#### THE DATA
__________

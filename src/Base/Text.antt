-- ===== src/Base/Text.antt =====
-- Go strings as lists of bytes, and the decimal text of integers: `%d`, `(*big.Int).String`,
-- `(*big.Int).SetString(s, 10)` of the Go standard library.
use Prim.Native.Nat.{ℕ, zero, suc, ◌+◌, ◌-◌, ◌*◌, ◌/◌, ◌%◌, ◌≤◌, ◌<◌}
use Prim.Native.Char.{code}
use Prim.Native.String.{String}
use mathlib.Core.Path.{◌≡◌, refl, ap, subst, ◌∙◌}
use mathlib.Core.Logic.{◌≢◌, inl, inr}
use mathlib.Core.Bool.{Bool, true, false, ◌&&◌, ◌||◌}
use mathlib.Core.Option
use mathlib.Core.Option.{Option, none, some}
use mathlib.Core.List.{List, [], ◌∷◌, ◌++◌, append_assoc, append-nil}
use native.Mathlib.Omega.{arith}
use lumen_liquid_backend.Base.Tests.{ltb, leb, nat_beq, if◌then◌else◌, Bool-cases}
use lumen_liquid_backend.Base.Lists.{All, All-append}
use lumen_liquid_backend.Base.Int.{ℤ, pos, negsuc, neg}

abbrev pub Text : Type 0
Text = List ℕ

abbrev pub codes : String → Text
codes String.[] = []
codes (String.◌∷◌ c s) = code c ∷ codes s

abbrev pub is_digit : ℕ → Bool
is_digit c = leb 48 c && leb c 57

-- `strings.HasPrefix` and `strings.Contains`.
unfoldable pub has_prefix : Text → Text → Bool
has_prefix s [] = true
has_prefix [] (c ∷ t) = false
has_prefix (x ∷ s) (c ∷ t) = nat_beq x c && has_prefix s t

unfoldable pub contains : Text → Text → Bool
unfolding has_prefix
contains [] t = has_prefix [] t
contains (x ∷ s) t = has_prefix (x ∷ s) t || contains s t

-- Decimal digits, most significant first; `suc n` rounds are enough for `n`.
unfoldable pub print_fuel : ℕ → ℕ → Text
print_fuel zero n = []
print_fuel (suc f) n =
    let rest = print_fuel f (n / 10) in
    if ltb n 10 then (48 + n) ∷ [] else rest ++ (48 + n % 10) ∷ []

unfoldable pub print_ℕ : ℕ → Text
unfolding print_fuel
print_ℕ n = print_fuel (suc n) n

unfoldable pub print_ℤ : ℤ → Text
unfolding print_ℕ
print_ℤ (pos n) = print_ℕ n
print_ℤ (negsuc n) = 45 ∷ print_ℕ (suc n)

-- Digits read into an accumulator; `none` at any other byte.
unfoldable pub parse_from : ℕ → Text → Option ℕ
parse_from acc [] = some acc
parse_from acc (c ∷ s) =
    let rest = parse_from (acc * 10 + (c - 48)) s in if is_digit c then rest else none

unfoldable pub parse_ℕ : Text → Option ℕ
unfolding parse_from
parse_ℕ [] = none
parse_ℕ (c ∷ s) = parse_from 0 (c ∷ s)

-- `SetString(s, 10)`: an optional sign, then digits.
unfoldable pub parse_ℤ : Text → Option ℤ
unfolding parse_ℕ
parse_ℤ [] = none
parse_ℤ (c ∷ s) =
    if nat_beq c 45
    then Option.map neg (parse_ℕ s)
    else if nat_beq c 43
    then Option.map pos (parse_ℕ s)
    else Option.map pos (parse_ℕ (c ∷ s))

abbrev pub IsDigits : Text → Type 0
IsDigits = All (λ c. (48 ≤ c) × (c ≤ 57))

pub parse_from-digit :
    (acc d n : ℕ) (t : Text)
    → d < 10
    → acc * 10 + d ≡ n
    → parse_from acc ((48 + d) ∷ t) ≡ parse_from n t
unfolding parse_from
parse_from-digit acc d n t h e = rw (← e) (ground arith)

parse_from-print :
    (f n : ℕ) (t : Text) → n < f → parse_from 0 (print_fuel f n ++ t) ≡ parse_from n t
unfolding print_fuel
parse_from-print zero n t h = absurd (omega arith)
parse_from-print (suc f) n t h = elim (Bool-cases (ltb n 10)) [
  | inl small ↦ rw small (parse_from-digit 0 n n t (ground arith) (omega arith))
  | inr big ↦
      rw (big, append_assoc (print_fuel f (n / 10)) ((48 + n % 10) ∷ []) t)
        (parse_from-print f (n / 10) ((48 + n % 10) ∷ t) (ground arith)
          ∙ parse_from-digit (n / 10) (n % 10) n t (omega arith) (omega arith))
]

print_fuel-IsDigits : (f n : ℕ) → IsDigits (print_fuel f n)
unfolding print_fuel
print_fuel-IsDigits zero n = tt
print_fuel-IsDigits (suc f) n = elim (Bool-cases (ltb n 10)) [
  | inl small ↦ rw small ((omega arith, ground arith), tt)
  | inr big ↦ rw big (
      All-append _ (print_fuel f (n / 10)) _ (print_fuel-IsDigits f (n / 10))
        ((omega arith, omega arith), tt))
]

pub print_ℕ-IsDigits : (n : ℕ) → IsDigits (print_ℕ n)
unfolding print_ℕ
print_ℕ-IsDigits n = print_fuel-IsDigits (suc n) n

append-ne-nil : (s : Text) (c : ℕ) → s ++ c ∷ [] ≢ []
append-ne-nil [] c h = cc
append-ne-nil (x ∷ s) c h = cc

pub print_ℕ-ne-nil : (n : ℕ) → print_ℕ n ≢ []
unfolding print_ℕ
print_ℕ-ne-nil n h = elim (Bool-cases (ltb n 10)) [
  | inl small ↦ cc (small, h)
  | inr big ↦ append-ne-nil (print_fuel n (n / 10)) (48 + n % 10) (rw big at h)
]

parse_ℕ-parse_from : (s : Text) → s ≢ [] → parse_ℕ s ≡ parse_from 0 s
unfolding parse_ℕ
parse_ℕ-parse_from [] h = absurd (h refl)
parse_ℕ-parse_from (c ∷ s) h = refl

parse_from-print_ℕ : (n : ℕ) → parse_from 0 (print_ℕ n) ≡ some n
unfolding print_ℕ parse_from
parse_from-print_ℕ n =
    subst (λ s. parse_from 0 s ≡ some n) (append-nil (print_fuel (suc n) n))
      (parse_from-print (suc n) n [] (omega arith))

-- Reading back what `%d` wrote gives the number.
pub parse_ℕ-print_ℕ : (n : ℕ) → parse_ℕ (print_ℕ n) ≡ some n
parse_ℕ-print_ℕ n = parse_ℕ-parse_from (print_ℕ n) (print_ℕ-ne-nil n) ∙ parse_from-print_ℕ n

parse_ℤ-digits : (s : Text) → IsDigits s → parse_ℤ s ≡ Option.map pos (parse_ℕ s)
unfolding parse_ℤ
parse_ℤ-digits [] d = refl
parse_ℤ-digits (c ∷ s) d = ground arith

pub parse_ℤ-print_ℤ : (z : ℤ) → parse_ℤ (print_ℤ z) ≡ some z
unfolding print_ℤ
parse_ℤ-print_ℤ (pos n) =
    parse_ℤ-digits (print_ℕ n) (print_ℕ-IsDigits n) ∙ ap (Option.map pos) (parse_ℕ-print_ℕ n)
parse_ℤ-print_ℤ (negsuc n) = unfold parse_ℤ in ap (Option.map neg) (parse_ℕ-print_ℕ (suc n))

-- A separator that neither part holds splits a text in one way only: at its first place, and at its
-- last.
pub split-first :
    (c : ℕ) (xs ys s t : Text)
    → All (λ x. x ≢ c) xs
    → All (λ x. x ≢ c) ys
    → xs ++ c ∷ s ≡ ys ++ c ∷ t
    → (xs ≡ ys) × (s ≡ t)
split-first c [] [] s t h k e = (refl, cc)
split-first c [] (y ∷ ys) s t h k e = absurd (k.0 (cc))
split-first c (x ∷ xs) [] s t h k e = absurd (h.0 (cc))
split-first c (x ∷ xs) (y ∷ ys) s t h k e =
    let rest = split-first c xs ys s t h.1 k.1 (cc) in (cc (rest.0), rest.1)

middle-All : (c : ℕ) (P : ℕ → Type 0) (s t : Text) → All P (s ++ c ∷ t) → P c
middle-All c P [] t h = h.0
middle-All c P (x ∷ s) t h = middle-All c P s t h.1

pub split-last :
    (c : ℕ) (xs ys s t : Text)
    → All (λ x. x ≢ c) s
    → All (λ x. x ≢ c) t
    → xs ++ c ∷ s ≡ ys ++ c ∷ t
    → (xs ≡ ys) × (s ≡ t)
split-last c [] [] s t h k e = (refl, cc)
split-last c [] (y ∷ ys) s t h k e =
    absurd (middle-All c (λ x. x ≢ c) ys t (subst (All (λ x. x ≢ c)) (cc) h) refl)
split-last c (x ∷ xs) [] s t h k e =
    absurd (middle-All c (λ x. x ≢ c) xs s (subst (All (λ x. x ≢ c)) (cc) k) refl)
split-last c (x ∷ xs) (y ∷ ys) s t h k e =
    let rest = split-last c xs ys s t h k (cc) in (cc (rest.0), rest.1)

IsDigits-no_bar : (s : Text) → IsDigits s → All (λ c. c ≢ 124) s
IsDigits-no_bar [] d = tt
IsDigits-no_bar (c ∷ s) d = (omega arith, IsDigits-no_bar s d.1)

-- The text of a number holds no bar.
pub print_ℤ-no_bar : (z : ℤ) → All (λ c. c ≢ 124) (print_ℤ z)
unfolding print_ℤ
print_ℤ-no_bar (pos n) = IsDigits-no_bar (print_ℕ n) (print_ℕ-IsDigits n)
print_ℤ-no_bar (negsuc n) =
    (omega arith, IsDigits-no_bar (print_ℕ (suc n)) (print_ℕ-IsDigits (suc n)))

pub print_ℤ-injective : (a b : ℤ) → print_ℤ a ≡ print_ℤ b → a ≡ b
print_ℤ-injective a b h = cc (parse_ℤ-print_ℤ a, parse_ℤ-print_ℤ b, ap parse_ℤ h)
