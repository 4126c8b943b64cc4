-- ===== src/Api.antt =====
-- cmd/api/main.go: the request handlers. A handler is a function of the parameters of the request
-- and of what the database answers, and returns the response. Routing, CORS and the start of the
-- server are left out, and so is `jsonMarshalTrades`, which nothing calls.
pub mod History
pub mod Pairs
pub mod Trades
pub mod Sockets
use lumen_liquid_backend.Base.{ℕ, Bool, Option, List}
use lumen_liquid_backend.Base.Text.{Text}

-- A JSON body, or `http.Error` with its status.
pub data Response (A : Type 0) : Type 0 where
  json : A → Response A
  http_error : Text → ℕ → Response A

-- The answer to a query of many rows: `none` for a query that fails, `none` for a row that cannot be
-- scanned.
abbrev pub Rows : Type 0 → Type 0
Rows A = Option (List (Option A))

__________

#### DIRECTIONS FOR THIS TASK
Look through the entries above, and wherever a line holds the word "last", copy it.

#### SOLUTION FOR THIS EXERCISE
-- last.
pub split-last :
split-last c [] [] s t h k e = (refl, cc)
split-last c [] (y ∷ ys) s t h k e =
split-last c (x ∷ xs) [] s t h k e =
split-last c (x ∷ xs) (y ∷ ys) s t h k e =
    let rest = split-last c xs ys s t h k (cc) in (cc (rest.0), rest.1)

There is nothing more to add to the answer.